# Join Rose Rider Group on Facebook



## -MIK- (18. Oktober 2011)

Hallo an alle,

wer Lust auf gemeinsame Veranstaltungen wie MTB Touren oder Parkbesuche hat, für den ist unsere neue Gruppe Rose Rider genau das Richtige. 

Einfach joinen und gemeinsam Spaß haben. 

Wie Bobby immer sagt: "Rose Rider are familybiker!", treu nach dem Motto sind auch eure Freunde willkommen, die vielleicht kein Rose Bike fahren!

LG
MIK


----------



## psycho82 (18. Oktober 2011)

Hallo,

hoffe doch, dass auch hier noch der eine oder andere Termin  im Forum gepostet wird, oder

Gibt ja immer noch ein paar Leute die soziale Netzwerke nicht so  berauschend finden. 
Ich z.B. lehne Face Book und andere soziale Netzwerke kategorisch ab, Gründe dafür sind für mich vielfältig - möchte hier aber keine Grundsatzdisskusion zu den "sozialen Netzwerken" entfachen.  
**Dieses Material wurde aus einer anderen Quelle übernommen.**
-- ===== src/Ibverbs/Connections/Sound.antt =====
-- What holds of the connections while dials, requests and disconnects interleave.
use mathlib.Core.List.{lookup}
use lethe.Base.{◌≡◌, refl, true, false, Option, none, some, List, [], All, ◌&&◌}
use lethe.Base.Assoc.{IsMap}
use lethe.Types.{Bytes, bytes_dec}
use lethe.Ibverbs.Connections.{
  Link, new_transport, new_link, make_qp, resolved, Release, Transport, Event, send_begins,
  dial_ends, connect_request, peer_disconnected, disconnect, shutdown, all_true, links,
}
use lethe.Ibverbs.Endpoints.{Endpoint}
use lethe.Ibverbs.Connections.Legal.{Clears}

-- A dialed connection and an accepted one, with all their objects.
pub record OutUp (c : Link) : Type 0 where
  pub dialed : c.inbound ≡ false
  pub cm_id : c.cm_id ≡ true
  pub channel : c.channel ≡ true
  pub pd : c.pd ≡ true
  pub cq : c.cq ≡ true
  pub qp : c.qp ≡ true
  pub no_recv : c.recv_bufs ≡ []
  pub polling : c.polling ≡ true

pub record InUp (c : Link) : Type 0 where
  pub accepted : c.inbound ≡ true
  pub cm_id : c.cm_id ≡ true
  pub no_channel : c.channel ≡ false
  pub pd : c.pd ≡ true
  pub cq : c.cq ≡ true
  pub qp : c.qp ≡ true
  pub registered : all_true c.recv_bufs ≡ true
  pub no_send : c.send_bufs ≡ []
  pub polling : c.polling ≡ true

-- A release whose calls may be made in their order and leave only the rdma_cm_id and the channel.
abbrev pub IsClean : Release → Type 0
IsClean r = Clears r.calls r.link

pub record Sound (t : Transport) : Type 0 where
  pub distinct : IsMap bytes_dec t.outbound
  pub out_up : All OutUp (links t.outbound)
  pub in_up : All InUp t.inbound
  pub dials_new : (peer : Bytes) → t.dialing ≡ some peer → lookup bytes_dec peer t.outbound ≡ none
  pub clean : All IsClean t.taken_down

-- The events that do not end the process: a dial whose queue pair is made is established, and the
-- buffers of an accepted connection are registered.
abbrev pub Survives : Event → Type 0
Survives (dial_ends d) =
    resolved d ≡ true
    → (make_qp d.qp_calls (new_link false)).1 ≡ true
    → (d.connect && d.established) ≡ true
Survives (connect_request calls registered) =
    (make_qp calls (new_link true)).1 ≡ true → all_true registered ≡ true
Survives (send_begins peer) = Unit
Survives (peer_disconnected n) = Unit
Survives (disconnect peer) = Unit
Survives shutdown = Unit

abbrev pub Goes : Option Transport → Type 0
Goes o = (t : Transport) × (o ≡ some t) × Sound t

pub some-eq : (x y : Bytes) → some x ≡ some y → x ≡ y
some-eq x y h = cc

pub new-Sound : (peers : List (Bytes × Endpoint)) → Sound (new_transport peers)
unfolding lookup
new-Sound peers = record {
  distinct = tt;
  out_up = tt;
  in_up = tt;
  dials_new = λ p e. refl;
  clean = tt;
}
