-- ===== src/Ibverbs/Connections/Dials.antt =====
-- Dials and connection requests keep the connections sound.
use mathlib.Core.List.{lookup}
use lethe.Base.{
  ◌≡◌, refl, sym, subst, Bool, true, false, Option, none, some, List, [], ◌∷◌, ◌++◌, All-append,
  arith, Bool-cases, ◌⊎◌, inl, inr,
}
use lethe.Types.{Bytes, bytes_dec}
use lethe.Ibverbs.Connections.{
  Link, new_link, QpCalls, make_qp, DialCalls, Dialed, refused, terminated, connected, resolved,
  dial, with_send_buffers, Transport, dial_ends, connect_request, begin_dial, dial_for, end_dial,
  all_true, accept,
}
use lethe.Ibverbs.Endpoints.{Endpoint}
use lethe.Ibverbs.Connections.Sound.{OutUp, InUp, Sound, Survives, Goes, some-eq}

-- Where a dial starts, the peer has no connection.
dial_for-cases :
    (other : Option Bytes) (c : Option Link) (e : Option Endpoint) (peer : Bytes) (t : Transport)
    → (dial_for other c e peer t ≡ t)
      ⊎ ((c ≡ none) × (dial_for other c e peer t ≡ record t { dialing = some peer }))
dial_for-cases none none (some e) peer t = inr (refl, refl)
dial_for-cases none none none peer t = inl refl
dial_for-cases none (some c) e peer t = inl refl
dial_for-cases (some other) c e peer t = inl refl

begin_dial-cases :
    (peer : Bytes) (t : Transport)
    → (begin_dial peer t ≡ t)
      ⊎ ((lookup bytes_dec peer t.outbound ≡ none)
          × (begin_dial peer t ≡ record t { dialing = some peer }))
unfolding begin_dial
begin_dial-cases peer t =
    dial_for-cases t.dialing (lookup bytes_dec peer t.outbound) (lookup bytes_dec peer t.peers) peer
      t

pub begin_dial-Sound : (peer : Bytes) (t : Transport) → Sound t → Sound (begin_dial peer t)
begin_dial-Sound peer t s = elim (begin_dial-cases peer t) [
  | inl same ↦ subst Sound (sym same) s
  | inr (new, e) ↦ subst Sound (sym e) (record {
    distinct = s.distinct;
    out_up = s.out_up;
    in_up = s.in_up;
    dials_new = λ p h. subst (λ q. lookup bytes_dec q t.outbound ≡ none) (some-eq peer p h) new;
    clean = s.clean;
  })
]

pub make_qp-out :
    (q : QpCalls) (bufs : List Bool)
    → (make_qp q (new_link false)).1 ≡ true
    → OutUp (with_send_buffers bufs (make_qp q (new_link false)).0)
unfolding make_qp
make_qp-out q bufs h = ground arith

make_qp-in :
    (q : QpCalls) (bufs : List Bool)
    → (make_qp q (new_link true)).1 ≡ true
    → all_true bufs ≡ true
    → InUp (record (make_qp q (new_link true)).0 { recv_bufs = bufs; polling = true })
unfolding make_qp
make_qp-in q bufs h k = ground arith

-- A dial that survives gives no connection, or a whole one.
abbrev pub DialedWell : Dialed → Type 0
DialedWell (refused c) = Unit
DialedWell terminated = ⊥
DialedWell (connected c) = OutUp c

pub dial-DialedWell : (d : DialCalls) → Survives (dial_ends d) → DialedWell (dial d)
unfolding dial
dial-DialedWell d h = elim (Bool-cases (resolved d)) [
  | inr early ↦ rw early tt
  | inl found ↦ elim (Bool-cases (make_qp d.qp_calls (new_link false)).1) [
    | inr not_made ↦ rw (found, not_made) tt
    | inl made ↦ rw (found, made, h found made) (make_qp-out d.qp_calls d.registered made)
  ]
]

pub end_dial-Sound :
    (r : Dialed) (peer : Bytes) (t : Transport)
    → DialedWell r
    → t.dialing ≡ some peer
    → Sound t
    → Goes (end_dial r peer t)
unfolding end_dial
end_dial-Sound (refused c) peer t w h s = (
  record t { dialing = none; left_over = c ∷ t.left_over },
  refl,
  record {
    distinct = s.distinct;
    out_up = s.out_up;
    in_up = s.in_up;
    dials_new = λ p e. absurd (ground arith);
    clean = s.clean;
  },
)
end_dial-Sound terminated peer t w h s = absurd w
end_dial-Sound (connected c) peer t w h s = (
  record t { dialing = none; outbound = (peer, c) ∷ t.outbound },
  rw (end_dial, s.dials_new peer h) refl,
  record {
    distinct = (s.dials_new peer h, s.distinct);
    out_up = (w, s.out_up);
    in_up = s.in_up;
    dials_new = λ p e. absurd (ground arith);
    clean = s.clean;
  },
)

pub accept-Sound :
    (q : QpCalls) (bufs : List Bool) (t : Transport)
    → Survives (connect_request q bufs)
    → Sound t
    → Goes (accept q bufs t)
unfolding accept
accept-Sound q bufs t v s = elim (Bool-cases (make_qp q (new_link true)).1) [
  | inl made ↦ (
    record t {
      inbound =
          t.inbound
          ++ (record (make_qp q (new_link true)).0 { recv_bufs = bufs; polling = true } ∷ []);
    },
    rw (made, v made) refl,
    record {
      distinct = s.distinct;
      out_up = s.out_up;
      in_up = All-append InUp t.inbound _ s.in_up (make_qp-in q bufs made (v made), tt);
      dials_new = s.dials_new;
      clean = s.clean;
    },
  )
  | inr not_made ↦ (
    record t { left_over = (make_qp q (new_link true)).0 ∷ t.left_over },
    rw not_made refl,
    record {
      distinct = s.distinct;
      out_up = s.out_up;
      in_up = s.in_up;
      dials_new = s.dials_new;
      clean = s.clean;
    },
  )
]
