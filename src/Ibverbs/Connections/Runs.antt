-- ===== src/Ibverbs/Connections/Runs.antt =====
-- Teardowns keep the connections sound, and so does any run of events.
use mathlib.Core.List.{lookup}
use lethe.Base.{
  ℕ, zero, suc, ◌≡◌, refl, sym, ◌∙◌, subst, Bool, true, false, Option, none, some, List, [], ◌∷◌,
  ◌++◌, map, All, All-append, arith, Bool-cases, Option-cases, if_pos, if_neg, inl, inr,
  if◌then◌else◌,
}
use lethe.Base.Assoc.{remove, remove-IsMap, lookup-remove-none}
use lethe.Types.{Bytes, bytes_dec}
use lethe.Ibverbs.Connections.{
  Link, Dialed, dial, Transport, Event, send_begins, dial_ends, connect_request, peer_disconnected,
  disconnect, shutdown, begin_dial, dial_done, accept, stop_at, disconnect_peer, torn, links,
  shut_down, step, run,
}
use lethe.Ibverbs.Connections.Legal.{teardown-Clears, hang_up-Clears}
use lethe.Ibverbs.Connections.Sound.{OutUp, InUp, Sound, IsClean, Survives, Goes}
use lethe.Ibverbs.Connections.Dials.{
  DialedWell, begin_dial-Sound, dial-DialedWell, end_dial-Sound, accept-Sound,
}

stop_at-All : (n : ℕ) (cs : List Link) → All InUp cs → All InUp (stop_at n cs)
unfolding stop_at
stop_at-All n [] h = tt
stop_at-All zero (c ∷ cs) h = (
  record {
    accepted = h.0.accepted;
    cm_id = h.0.cm_id;
    no_channel = h.0.no_channel;
    pd = h.0.pd;
    cq = h.0.cq;
    qp = h.0.qp;
    registered = h.0.registered;
    no_send = h.0.no_send;
    polling = h.0.polling;
  },
  h.1,
)
stop_at-All (suc n) (c ∷ cs) h = (h.0, stop_at-All n cs h.1)

links-remove :
    (peer : Bytes) (cs : List (Bytes × Link))
    → All OutUp (links cs)
    → All OutUp (links (remove bytes_dec peer cs))
unfolding remove
links-remove peer [] h = tt
links-remove peer ((q, c) ∷ cs) h = elim (bytes_dec peer q) [
  | yes e ↦ rw (if_pos (bytes_dec peer q) e cs ((q, c) ∷ remove bytes_dec peer cs)) h.1
  | no e ↦
      rw (if_neg (bytes_dec peer q) e cs ((q, c) ∷ remove bytes_dec peer cs))
        (h.0, links-remove peer cs h.1)
]

link-eq : (x y : Link) → some x ≡ some y → x ≡ y
link-eq x y h = cc

links-lookup :
    (peer : Bytes) (cs : List (Bytes × Link)) (c : Link)
    → All OutUp (links cs)
    → lookup bytes_dec peer cs ≡ some c
    → OutUp c
unfolding lookup
links-lookup peer [] c h e = absurd (ground arith)
links-lookup peer ((q, d) ∷ cs) c h e = elim (bytes_dec peer q) [
  | yes here ↦
      let found = sym (if_pos (bytes_dec peer q) here (some d) (lookup bytes_dec peer cs)) ∙ e in
      subst OutUp (link-eq d c found) h.0
  | no later ↦
      links-lookup peer cs c h.1
        (sym (if_neg (bytes_dec peer q) later (some d) (lookup bytes_dec peer cs)) ∙ e)
]

disconnect_peer-Sound : (peer : Bytes) (t : Transport) → Sound t → Sound (disconnect_peer peer t)
unfolding disconnect_peer
disconnect_peer-Sound peer t s = elim (Option-cases (lookup bytes_dec peer t.outbound)) [
  | inl absent ↦ rw (disconnect_peer, absent) s
  | inr (c, e) ↦
      rw (disconnect_peer, e)
        (record {
          distinct = remove-IsMap bytes_dec peer t.outbound s.distinct;
          out_up = links-remove peer t.outbound s.out_up;
          in_up = s.in_up;
          dials_new = λ p h. lookup-remove-none bytes_dec peer p t.outbound (s.dials_new p h);
          clean = (hang_up-Clears c (links-lookup peer t.outbound c s.out_up e).no_recv, s.clean);
        })
]

torn-All : (cs : List Link) → All IsClean (map torn cs)
unfolding torn
torn-All [] = tt
torn-All (c ∷ cs) = (teardown-Clears c, torn-All cs)

pub shut_down-stopped : (t : Transport) → t.stopped ≡ true → shut_down t ≡ t
unfolding shut_down
shut_down-stopped t h = simp h refl

pub shut_down-Sound : (t : Transport) → Sound t → Sound (shut_down t)
unfolding shut_down lookup
shut_down-Sound t s = elim (Bool-cases t.stopped) [
  | inl stopped ↦ subst Sound (sym (shut_down-stopped t stopped)) s
  | inr running ↦
      rw (shut_down, running)
        (record {
          distinct = tt;
          out_up = tt;
          in_up = tt;
          dials_new = λ p h. refl;
          clean =
              All-append IsClean (map torn (links t.outbound) ++ map torn t.inbound) t.taken_down
                (All-append IsClean (map torn (links t.outbound)) (map torn t.inbound)
                  (torn-All (links t.outbound)) (torn-All t.inbound))
                s.clean;
        })
]

stopped-in-Sound :
    (t : Transport) (n : ℕ) → Sound t → Sound (record t { inbound = stop_at n t.inbound })
stopped-in-Sound t n s = record {
  distinct = s.distinct;
  out_up = s.out_up;
  in_up = stop_at-All n t.inbound s.in_up;
  dials_new = s.dials_new;
  clean = s.clean;
}

if-Sound : (b : Bool) (t u : Transport) → Sound t → Sound u → Sound (if b then t else u)
if-Sound true t u h k = h
if-Sound false t u h k = k

if-Goes : (b : Bool) (o p : Option Transport) → Goes o → Goes p → Goes (if b then o else p)
if-Goes true o p h k = h
if-Goes false o p h k = k

dial_done-Goes :
    (o : Option Bytes) (r : Dialed) (t : Transport)
    → t.dialing ≡ o
    → DialedWell r
    → Sound t
    → Goes (dial_done o r t)
unfolding dial_done
dial_done-Goes none r t h w s = (t, refl, s)
dial_done-Goes (some peer) r t h w s = end_dial-Sound r peer t w h s

step-Goes : (e : Event) (t : Transport) → Survives e → Sound t → Goes (step e t)
unfolding step
step-Goes (send_begins peer) t v s = (begin_dial peer t, refl, begin_dial-Sound peer t s)
step-Goes (dial_ends d) t v s = dial_done-Goes t.dialing (dial d) t refl (dial-DialedWell d v) s
step-Goes (connect_request q bufs) t v s =
    if-Goes t.stopped (some t) (accept q bufs t) (t, refl, s) (accept-Sound q bufs t v s)
step-Goes (peer_disconnected n) t v s = (
  if t.stopped then t else record t { inbound = stop_at n t.inbound },
  refl,
  if-Sound t.stopped t (record t { inbound = stop_at n t.inbound }) s (stopped-in-Sound t n s),
)
step-Goes (disconnect peer) t v s = (disconnect_peer peer t, refl, disconnect_peer-Sound peer t s)
step-Goes shutdown t v s = (shut_down t, refl, shut_down-Sound t s)

-- Any sequence of dials, connection requests, disconnects and shutdowns, in which each dial that
-- gets its queue pair is established and the buffers of each accepted connection are registered,
-- leaves the process running, from a sound transport: there is one connection to a peer at most,
-- each connection has its rdma_cm_id, its verbs objects and its poller, and a dialed one its event
-- channel, a peer that is being dialed has no connection, and the calls that took a connection down
-- kept the rules of the verbs and left exactly its rdma_cm_id and, if it had one, its event
-- channel, which no call destroys.
pub run-Sound : (es : List Event) (t : Transport) → All Survives es → Sound t → Goes (run es t)
unfolding run
run-Sound [] t v s = (t, refl, s)
run-Sound (e ∷ es) t v s =
    let r = step-Goes e t v.0 s in
    let rest = run-Sound es r.0 v.1 r.2 in (rest.0, rw (run, r.1) rest.1, rest.2)
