-- ===== src/Ibverbs/Connections/Ends.antt =====
-- What `Shutdown` leaves, and what a `Send` after it makes.
use mathlib.Core.List.{lookup}
use lethe.Base.{
  ◌≡◌, refl, sym, ap, ◌∙◌, subst, true, false, none, some, List, [], ◌∷◌, ◌++◌, map, All, ◌&&◌,
}
use lethe.Types.{Bytes, bytes_dec}
use lethe.Ibverbs.Endpoints.{Endpoint}
use lethe.Ibverbs.Connections.{
  Link, new_link, make_qp, DialCalls, resolved, dial, connected, with_send_buffers, Release,
  Transport, Event, send_begins, dial_ends, shutdown, begin_dial, dial_for, dial_done, end_dial,
  torn, links, shut_down, step, run,
}
use lethe.Ibverbs.Connections.Sound.{OutUp, Sound, IsClean}
use lethe.Ibverbs.Connections.Dials.{make_qp-out}
use lethe.Ibverbs.Connections.Runs.{shut_down-stopped, shut_down-Sound}

abbrev pub released_links : List Release → List Link
released_links [] = []
released_links (r ∷ rs) = r.link ∷ released_links rs

released_links-append :
    (rs ss : List Release) → released_links (rs ++ ss) ≡ released_links rs ++ released_links ss
released_links-append [] ss = refl
released_links-append (r ∷ rs) ss = ap (λ l. r.link ∷ l) (released_links-append rs ss)

ap2-append : {a b c d : List Link} → a ≡ b → c ≡ d → a ++ c ≡ b ++ d
ap2-append p q = λ i. p i ++ q i

released_links-torn : (cs : List Link) → released_links (map torn cs) ≡ cs
unfolding torn
released_links-torn [] = refl
released_links-torn (c ∷ cs) = ap (λ l. c ∷ l) (released_links-torn cs)

-- Every connection was released, each by calls that may be made and leave only its rdma_cm_id and
-- its event channel.
pub record AllReleased (before after : Transport) : Type 0 where
  pub no_out : after.outbound ≡ []
  pub no_in : after.inbound ≡ []
  pub each :
      released_links after.taken_down
      ≡ (links before.outbound ++ before.inbound) ++ released_links before.taken_down
  pub clean : All IsClean after.taken_down

closed : Transport → Transport
closed t = record t {
  stopped = true;
  outbound = [];
  inbound = [];
  taken_down = (map torn (links t.outbound) ++ map torn t.inbound) ++ t.taken_down;
}

shut_down-running : (t : Transport) → t.stopped ≡ false → shut_down t ≡ closed t
unfolding shut_down closed
shut_down-running t h = simp h refl

closed-links :
    (t : Transport)
    → released_links (closed t).taken_down
      ≡ (links t.outbound ++ t.inbound) ++ released_links t.taken_down
unfolding closed
closed-links t =
    released_links-append (map torn (links t.outbound) ++ map torn t.inbound) t.taken_down
    ∙ ap (λ l. l ++ released_links t.taken_down)
        (released_links-append (map torn (links t.outbound)) (map torn t.inbound)
          ∙ ap2-append (released_links-torn (links t.outbound)) (released_links-torn t.inbound))

-- `Shutdown` of a sound transport that was not shut down takes down each of its connections, and no
-- other, by calls that release each verbs object and the thread once, in an order that the rules of
-- the verbs allow; they leave the rdma_cm_id and the event channel of the connection as they were,
-- and nothing else.
pub shut_down-AllReleased :
    (t : Transport) → Sound t → t.stopped ≡ false → AllReleased t (shut_down t)
unfolding closed
shut_down-AllReleased t s h =
    let same = shut_down-running t h in
    subst (AllReleased t) (sym same) (record {
      no_out = refl;
      no_in = refl;
      each = closed-links t;
      clean = (subst Sound same (shut_down-Sound t s)).clean;
    })

run-next :
    (e : Event) (es : List Event) (t u : Transport) → step e t ≡ some u → run (e ∷ es) t ≡ run es u
unfolding run
run-next e es t u h = rw (run, h) refl

begin_dial-known :
    (peer : Bytes) (e : Endpoint) (t : Transport)
    → t.dialing ≡ none
    → lookup bytes_dec peer t.outbound ≡ none
    → lookup bytes_dec peer t.peers ≡ some e
    → begin_dial peer t ≡ record t { dialing = some peer }
unfolding begin_dial
begin_dial-known peer e t idle new known = λ i. dial_for (idle i) (new i) (known i) peer t

dial-connected :
    (d : DialCalls)
    → resolved d ≡ true
    → (make_qp d.qp_calls (new_link false)).1 ≡ true
    → (d.connect && d.established) ≡ true
    → dial d ≡ connected (with_send_buffers d.registered (make_qp d.qp_calls (new_link false)).0)
unfolding dial
dial-connected d found made up = rw (found, made, up) refl

-- A `Send` to a peer with a known endpoint after the `Shutdown` of the transport, from which no
-- other thread dials, makes a new connection if its calls work, with all its objects and a running
-- poller; a second `Shutdown` leaves it there.
pub redial_lem :
    (peer : Bytes) (e : Endpoint) (d : DialCalls) (t : Transport)
    → t.stopped ≡ false
    → t.dialing ≡ none
    → lookup bytes_dec peer t.peers ≡ some e
    → resolved d ≡ true
    → (make_qp d.qp_calls (new_link false)).1 ≡ true
    → (d.connect && d.established) ≡ true
    → (t' : Transport) × (c : Link) × (run
          (shutdown ∷ send_begins peer ∷ dial_ends d ∷ shutdown ∷ [])
          t
        ≡ some t')
      × (t'.stopped ≡ true)
      × (t'.outbound ≡ (peer, c) ∷ [])
      × OutUp c
unfolding run step dial_done end_dial closed lookup
redial_lem peer e d t h idle known found made up =
    let c = with_send_buffers d.registered (make_qp d.qp_calls (new_link false)).0 in
    let u = record (closed t) { dialing = some peer } in
    let w = record (closed t) { dialing = none; outbound = (peer, c) ∷ [] } in
    (
      w,
      c,
      run-next shutdown (send_begins peer ∷ dial_ends d ∷ shutdown ∷ []) t (closed t)
            (ap some (shut_down-running t h))
          ∙ (run-next (send_begins peer) (dial_ends d ∷ shutdown ∷ []) (closed t) u
                (ap some (begin_dial-known peer e (closed t) idle refl known))
              ∙ (run-next (dial_ends d) (shutdown ∷ []) u w
                    (rw (dial-connected d found made up) refl)
                  ∙ run-next shutdown [] w w (ap some (shut_down-stopped w refl)))),
      refl,
      refl,
      make_qp-out d.qp_calls d.registered made,
    )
Für alle die FB mögen ist die Rider Group sicherlich ne feine Sache.

Gruß

Benny


----------



## MTB-News.de




----------



## -MIK- (18. Oktober 2011)

Logisch, hab dafür mal das hier geöffnet: Rose Rider Aktivitäten! 

Danke für den Tip


----------



## psycho82 (18. Oktober 2011)

Klasse Freut mich

Gruß

Benny


----------